Use journal similarity for phase one and two matching - Githubissues

wcmc-its / ReCiter

ReCiter: an enterprise open source author disambiguation system for academic institutions

Apache License 2.0

45 stars 24 forks source link

Use journal similarity for phase one and two matching #21

Closed michaelbales1 closed 9 years ago

michaelbales1 commented 9 years ago

Background: Paul downloaded five years of Medline records and their associated MeSH terms. Then, using Jie's workflow for the grant recommendation tool project, Paul calculated the "field scores" for each journal. Then, Paul used some basic (non-rigorous) arithmetic to calculate similarity between journals such that any two journals that had at least one MeSH term in the past five years (n = 2300) have a similarity score relative to each other.

Understanding the scores:

The range is 0-1. The average score is ~0.65.
A high score suggests high similarity and a greater likelihood that a given author wrote for both journals. A low score suggests the opposite.
The matching is done based on Medline title abbreviation. For example, the PMID 25864809 has a title abbreviation of Acad Pediatr.

How can this be used?

Phase One: decide if a publication should be part of a cluster; for example:
- You have 3 articles, A, B, and C. A has the most complete information followed by B.
- Do a lookup in the table to see how similar A is to B. Their similarity is 0.91. So you put them in the same cluster.
- The similarity of C to A and C to B is an average of 0.6 (see distribution, and falls below the predetermined arbitrary threshold (0.8?), so C is in its own cluster.
Phase Two: use default department scores when people have few publications
- The same sort of matching described above can work for Phase Two matching.
- This is especially true if someone has no or few publications when we can calculate default scores department (not ready yet).

I will provide a link to the similarity file (300 MB) outside of Git Hub.

jl987-Jie commented 9 years ago

Added logic for Phase 1 journal similarity.

If the average journal similarity > 0.8, the current cosine similarity becomes equal to 1.5 times its current value.

The average journal similarity is computed as (sum of journal similarity scores that exist in table) / (# of comparisons made).

jl987-Jie commented 9 years ago

Currently, it's caching the similarity scores once it's retrieved. Still requires a long time to fetch this data. Need to come up with a better retrieval method.

jl987-Jie commented 9 years ago

Paul: Match the current article being assigned to the original member of a cluster. Journal similarity on a sliding scale: sim = (1 + f(A, B)) * sim

jl987-Jie commented 9 years ago

Added sim *= (1 + journalSimScore); to ReCiterClusterer.java as a sliding scale measurement.
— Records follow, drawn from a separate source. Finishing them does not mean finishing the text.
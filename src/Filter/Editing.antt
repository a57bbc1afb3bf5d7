-- ===== src/Filter/Editing.antt =====
-- e-util/e-filter-rule.c and e-util/e-rule-context.c: parts of a rule and rules of a context are
-- added, taken out and replaced.
use e_mail_factory.Base.{
  ℕ, ◌≡◌, refl, ap, ◌∙◌, inl, inr, nat_beq, nat_beq_iff, if◌then◌else◌, Bool-cases, List, [], ◌∷◌,
  ◌++◌, arith, g_list_remove, IsAbsent,
}
use e_mail_factory.Filter.{FilterPart, FilterRule, RuleContext, rule_added, rule_removed, changed}
use e_mail_factory.Filter.Rules.{emit_changed, add_part, remove_part, replace_link, replace_part}
use e_mail_factory.Filter.Contexts.{emit_unfrozen, add_rule, remove_rule}

g_list_remove-last {ℓ} :
    {A : Type ℓ} (a : ℕ) (x : A) (xs : List (ℕ × A))
    → IsAbsent a xs
    → g_list_remove a (xs ++ (a, x) ∷ []) ≡ xs
unfolding g_list_remove
g_list_remove-last a x [] absent = ground (arith, nat_beq_iff a a)
g_list_remove-last a x ((b, y) ∷ xs) absent =
    ground (arith, nat_beq_iff b a, absent.0, g_list_remove-last a x xs absent.1)

module _ {ℓ} {E : Type ℓ} where
  replace_link-middle :
      (a : ℕ) (part : FilterPart E) (new : ℕ × FilterPart E)
      (before after : List (ℕ × FilterPart E))
      → IsAbsent a before
      → replace_link a new (before ++ (a, part) ∷ after) ≡ before ++ new ∷ after
  unfolding replace_link
  replace_link-middle a part new [] after absent = ground (arith, nat_beq_iff a a)
  replace_link-middle a part new ((b, other) ∷ before) after absent =
      ground
        (arith, nat_beq_iff b a, absent.0, replace_link-middle a part new before after absent.1)

  replace_link-absent :
      (a : ℕ) (new : ℕ × FilterPart E) (parts : List (ℕ × FilterPart E))
      → IsAbsent a parts
      → replace_link a new parts ≡ parts ++ new ∷ []
  unfolding replace_link
  replace_link-absent a new [] absent = refl
  replace_link-absent a new ((b, other) ∷ parts) absent =
      ground (arith, nat_beq_iff b a, absent.0, replace_link-absent a new parts absent.1)

  emit_changed-parts : (rule : FilterRule E) → (emit_changed rule).parts ≡ rule.parts
  unfolding emit_changed
  emit_changed-parts rule = ground arith

  -- A part that was added and is removed again leaves the parts as they were; a part that replaces
  -- another stands at its place, and at the end if the other is not there.
  remove_part-add_part :
      (a : ℕ) (part : FilterPart E) (rule : FilterRule E) (new : ℕ × FilterPart E)
      (before after : List (ℕ × FilterPart E))
      → IsAbsent a rule.parts
      → IsAbsent a before
      → ((remove_part a (add_part a part rule)).parts ≡ rule.parts)
        × ((replace_part a new rule).parts ≡ rule.parts ++ new ∷ [])
        × ((replace_part a new (record rule { parts = before ++ (a, part) ∷ after })).parts
            ≡ before ++ new ∷ after)
  unfolding remove_part add_part replace_part
  remove_part-add_part a part rule new before after absent first = (
    emit_changed-parts _
        ∙ ap (g_list_remove a) (emit_changed-parts _)
        ∙ g_list_remove-last a part rule.parts absent,
    emit_changed-parts _ ∙ replace_link-absent a new rule.parts absent,
    emit_changed-parts _ ∙ replace_link-middle a part new before after first,
  )

  -- A rule that was added and is removed again leaves the rules as they were, and both are announced,
  -- each followed by a change, unless the context is frozen.
  remove_rule-add_rule :
      (a : ℕ) (rule : FilterRule E) (context : RuleContext E)
      → IsAbsent a context.rules
      → let after = remove_rule a (add_rule a rule context) in
        (after.rules ≡ context.rules)
        × (after.emitted ≡ (
            if nat_beq context.frozen 0
            then (context.emitted ++ rule_added a ∷ changed ∷ []) ++ rule_removed a ∷ changed ∷ []
            else context.emitted))
  unfolding remove_rule add_rule emit_unfrozen
  remove_rule-add_rule a rule context absent =
      let restored = g_list_remove-last a rule context.rules absent in
      elim (Bool-cases (nat_beq context.frozen 0)) [
        | inl e ↦ (ground (arith, e, restored), ground (arith, e))
        | inr e ↦ (ground (arith, e, restored), ground (arith, e))
      ]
paulalbert1 commented 9 years ago

I realize there are various competing scores involved, but we have a couple cases where this logic should have worked but didn't.

rmm2002 authored an article (18068236) in " Int J Cardiol" but it isn't successfully mapped to the cluster that is almost pure Cardiology, and as a result is a false negative. What explains this?
jww2001 should map to 25623219 based on journal similarity.
rdgranst should map to 10951265 and 24763504
cnathan by virtue of his other publications in immunology should map to the journals associated with these articles which are highly focused on immunology: "19286131 11135572 16192449 9698876 7553846 1725935 2040651 2715632 7909663 2510571"
For ljgudas, these papers - 1939678, 2289970 - shouldn't be clustered with the large group of biochemistry/cancer papers. These two articles appear in J Dev Behav Pediatr, which is a psychiatry / behavioral science journal.
For rjm2002, these papers should be clustered with the larger group of radiology papers:
- 24065258
- 23849389
- 23245821
- 21694949
- 21266554
- 20876891
- 20813299
- 19237054
- 17901143
- 9124127
mroman studies cardiovascular disease as evidenced by the true positives, but there is a group of false negatives also in that field that got left out of the cluster:
- 2470462
- 2437995
- 24268115
brs9035 does cardiothoracic surgery as evidenced by the true positives, but there is whole other group of articles, that he didn't write, published in journals devoted to infectious disease and biochemistry:
- 8726063
- 1725235
- 10391869
- 19747126
- 19254170
- 9234818
- 7890377
- 8225606
- 1343780
- 1718309
- 20949003
- 9359860
- 7945236
- 2012611
- 15609239
- 9534976
- 8212028
- 1378233
- 1862522
- 1796476
- 1724806
- 9066029

jl987-Jie commented 9 years ago

rmm2002 authored an article (18068236) in " Int J Cardiol" but it isn't successfully mapped to the cluster that is almost pure Cardiology, and as a result is a false negative. What explains this?

Assigned to the correct cluster by relaxing the constraint for affiliation matching from "weill cornell medical college" to "weill cornell". Another method would be to increase the journal similarity further.

paulalbert1 commented 9 years ago

Good thinking, @jl987-Jie. "weill cornell" should work for post-2000. "cornell medical" will work for earlier papers.

michaelbales1 commented 9 years ago

Jie has informed me that coding on this issue is completed.